▶ **Prompt**
Each line of the records containing "Laws" is to be copied out and returned.

▶ **Material for this exercise**
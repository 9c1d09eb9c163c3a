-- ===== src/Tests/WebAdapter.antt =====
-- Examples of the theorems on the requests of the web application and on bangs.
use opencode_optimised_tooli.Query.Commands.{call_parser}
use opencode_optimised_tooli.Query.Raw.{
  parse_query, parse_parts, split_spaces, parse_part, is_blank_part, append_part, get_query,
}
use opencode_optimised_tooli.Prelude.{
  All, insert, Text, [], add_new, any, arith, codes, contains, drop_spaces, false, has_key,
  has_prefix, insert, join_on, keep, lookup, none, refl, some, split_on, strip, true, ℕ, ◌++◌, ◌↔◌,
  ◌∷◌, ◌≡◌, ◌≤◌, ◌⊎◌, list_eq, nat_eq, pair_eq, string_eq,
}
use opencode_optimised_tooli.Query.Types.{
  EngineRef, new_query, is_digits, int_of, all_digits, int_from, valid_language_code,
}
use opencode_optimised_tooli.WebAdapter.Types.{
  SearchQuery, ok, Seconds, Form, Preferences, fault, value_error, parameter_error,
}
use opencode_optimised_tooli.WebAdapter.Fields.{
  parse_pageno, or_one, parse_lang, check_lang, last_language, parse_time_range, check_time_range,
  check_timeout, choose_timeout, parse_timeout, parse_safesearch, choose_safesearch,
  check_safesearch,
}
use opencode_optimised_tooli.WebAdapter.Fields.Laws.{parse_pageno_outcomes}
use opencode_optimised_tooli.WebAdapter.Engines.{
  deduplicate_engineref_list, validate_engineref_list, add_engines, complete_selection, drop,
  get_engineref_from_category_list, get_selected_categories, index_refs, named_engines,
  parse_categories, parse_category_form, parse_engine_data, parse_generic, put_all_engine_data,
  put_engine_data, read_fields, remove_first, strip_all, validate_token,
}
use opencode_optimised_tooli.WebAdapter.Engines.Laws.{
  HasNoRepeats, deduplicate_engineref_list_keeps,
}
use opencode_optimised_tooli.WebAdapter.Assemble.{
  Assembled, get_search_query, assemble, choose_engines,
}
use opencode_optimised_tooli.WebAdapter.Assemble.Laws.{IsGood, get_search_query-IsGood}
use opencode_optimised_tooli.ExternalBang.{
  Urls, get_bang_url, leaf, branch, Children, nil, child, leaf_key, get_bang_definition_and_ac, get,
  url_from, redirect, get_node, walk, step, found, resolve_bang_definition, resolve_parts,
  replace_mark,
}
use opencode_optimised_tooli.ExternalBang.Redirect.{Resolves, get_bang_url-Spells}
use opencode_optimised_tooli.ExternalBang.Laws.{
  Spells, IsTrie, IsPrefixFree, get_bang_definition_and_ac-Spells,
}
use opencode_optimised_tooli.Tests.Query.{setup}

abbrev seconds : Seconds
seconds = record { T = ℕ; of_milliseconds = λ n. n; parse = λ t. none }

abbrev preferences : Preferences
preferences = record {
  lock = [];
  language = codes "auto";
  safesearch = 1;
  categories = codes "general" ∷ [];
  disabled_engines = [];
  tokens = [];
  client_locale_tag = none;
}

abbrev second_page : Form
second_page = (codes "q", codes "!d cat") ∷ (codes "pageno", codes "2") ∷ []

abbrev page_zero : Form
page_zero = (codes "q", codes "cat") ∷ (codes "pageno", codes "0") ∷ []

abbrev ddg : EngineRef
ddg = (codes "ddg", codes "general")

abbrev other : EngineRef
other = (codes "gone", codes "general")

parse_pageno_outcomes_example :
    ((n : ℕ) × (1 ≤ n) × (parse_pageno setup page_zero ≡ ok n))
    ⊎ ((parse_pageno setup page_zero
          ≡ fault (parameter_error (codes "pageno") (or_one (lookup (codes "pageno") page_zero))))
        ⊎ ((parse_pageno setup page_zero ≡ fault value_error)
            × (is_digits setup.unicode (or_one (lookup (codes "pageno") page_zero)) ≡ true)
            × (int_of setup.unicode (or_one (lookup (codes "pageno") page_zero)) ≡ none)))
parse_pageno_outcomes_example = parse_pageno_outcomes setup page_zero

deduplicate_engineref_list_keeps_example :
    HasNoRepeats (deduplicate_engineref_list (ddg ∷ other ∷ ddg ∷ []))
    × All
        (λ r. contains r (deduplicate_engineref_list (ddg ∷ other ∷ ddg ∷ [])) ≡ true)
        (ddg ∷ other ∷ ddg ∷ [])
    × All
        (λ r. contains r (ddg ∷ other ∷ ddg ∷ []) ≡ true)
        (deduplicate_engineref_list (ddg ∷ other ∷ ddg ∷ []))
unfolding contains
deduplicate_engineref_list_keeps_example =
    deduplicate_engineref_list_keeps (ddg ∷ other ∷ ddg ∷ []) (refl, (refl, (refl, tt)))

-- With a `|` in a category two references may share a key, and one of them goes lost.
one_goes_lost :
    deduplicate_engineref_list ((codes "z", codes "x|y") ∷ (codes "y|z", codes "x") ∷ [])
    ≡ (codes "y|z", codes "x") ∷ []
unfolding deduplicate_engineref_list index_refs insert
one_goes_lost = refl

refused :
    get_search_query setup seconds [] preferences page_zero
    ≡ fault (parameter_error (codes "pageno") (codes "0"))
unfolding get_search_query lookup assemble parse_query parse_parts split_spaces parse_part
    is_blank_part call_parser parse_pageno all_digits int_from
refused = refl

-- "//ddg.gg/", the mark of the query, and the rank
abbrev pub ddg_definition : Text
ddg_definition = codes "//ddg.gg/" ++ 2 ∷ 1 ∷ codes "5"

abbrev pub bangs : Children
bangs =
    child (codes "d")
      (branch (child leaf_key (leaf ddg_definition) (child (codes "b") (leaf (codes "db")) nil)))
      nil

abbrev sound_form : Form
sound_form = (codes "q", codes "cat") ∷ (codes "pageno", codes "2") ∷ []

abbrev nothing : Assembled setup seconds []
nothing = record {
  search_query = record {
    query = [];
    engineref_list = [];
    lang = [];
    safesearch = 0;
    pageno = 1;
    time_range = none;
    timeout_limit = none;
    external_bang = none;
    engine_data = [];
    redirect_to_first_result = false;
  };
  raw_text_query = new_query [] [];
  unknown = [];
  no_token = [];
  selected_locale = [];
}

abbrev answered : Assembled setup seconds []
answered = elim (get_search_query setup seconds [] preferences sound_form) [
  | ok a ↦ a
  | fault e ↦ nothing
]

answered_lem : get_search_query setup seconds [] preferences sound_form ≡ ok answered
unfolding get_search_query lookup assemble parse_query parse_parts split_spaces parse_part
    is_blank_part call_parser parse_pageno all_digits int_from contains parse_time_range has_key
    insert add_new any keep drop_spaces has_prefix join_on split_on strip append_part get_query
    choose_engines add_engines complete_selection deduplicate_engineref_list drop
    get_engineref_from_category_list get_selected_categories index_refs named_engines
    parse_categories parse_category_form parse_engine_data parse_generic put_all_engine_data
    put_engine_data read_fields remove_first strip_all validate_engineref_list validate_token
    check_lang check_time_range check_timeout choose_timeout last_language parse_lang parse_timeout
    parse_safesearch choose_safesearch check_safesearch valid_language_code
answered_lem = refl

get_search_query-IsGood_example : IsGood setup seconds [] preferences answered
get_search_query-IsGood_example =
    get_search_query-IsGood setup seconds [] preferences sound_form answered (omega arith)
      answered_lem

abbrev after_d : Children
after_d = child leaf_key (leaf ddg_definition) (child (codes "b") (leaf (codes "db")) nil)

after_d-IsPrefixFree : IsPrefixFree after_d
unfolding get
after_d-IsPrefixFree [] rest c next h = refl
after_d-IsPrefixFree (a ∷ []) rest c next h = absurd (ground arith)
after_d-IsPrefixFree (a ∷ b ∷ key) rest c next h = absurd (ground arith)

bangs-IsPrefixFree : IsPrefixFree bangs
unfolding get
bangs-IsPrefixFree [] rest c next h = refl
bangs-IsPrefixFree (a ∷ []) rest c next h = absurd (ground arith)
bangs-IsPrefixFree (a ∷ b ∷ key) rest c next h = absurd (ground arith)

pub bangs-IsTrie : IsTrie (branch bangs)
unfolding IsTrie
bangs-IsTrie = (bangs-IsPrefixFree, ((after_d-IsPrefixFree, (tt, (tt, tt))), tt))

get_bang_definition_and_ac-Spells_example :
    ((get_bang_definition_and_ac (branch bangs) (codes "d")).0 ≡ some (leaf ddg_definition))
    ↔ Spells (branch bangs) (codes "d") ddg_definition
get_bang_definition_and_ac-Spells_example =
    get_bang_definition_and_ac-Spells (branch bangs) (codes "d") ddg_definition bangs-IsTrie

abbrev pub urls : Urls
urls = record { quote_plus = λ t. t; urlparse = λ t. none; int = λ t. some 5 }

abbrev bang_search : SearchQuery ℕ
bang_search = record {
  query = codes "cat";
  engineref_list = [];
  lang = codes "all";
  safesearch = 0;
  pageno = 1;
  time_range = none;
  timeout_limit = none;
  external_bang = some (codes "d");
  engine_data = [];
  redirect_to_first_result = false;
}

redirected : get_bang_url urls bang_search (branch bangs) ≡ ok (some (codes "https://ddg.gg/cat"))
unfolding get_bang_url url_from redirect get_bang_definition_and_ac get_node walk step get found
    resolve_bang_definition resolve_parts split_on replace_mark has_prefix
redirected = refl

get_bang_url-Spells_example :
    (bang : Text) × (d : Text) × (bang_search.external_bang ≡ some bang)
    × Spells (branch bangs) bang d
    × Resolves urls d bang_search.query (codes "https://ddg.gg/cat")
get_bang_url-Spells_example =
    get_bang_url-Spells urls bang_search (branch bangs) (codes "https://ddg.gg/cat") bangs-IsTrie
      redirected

▶ **Final answer**
use opencode_optimised_tooli.WebAdapter.Fields.Laws.{parse_pageno_outcomes}
use opencode_optimised_tooli.WebAdapter.Engines.Laws.{
use opencode_optimised_tooli.WebAdapter.Assemble.Laws.{IsGood, get_search_query-IsGood}
use opencode_optimised_tooli.ExternalBang.Laws.{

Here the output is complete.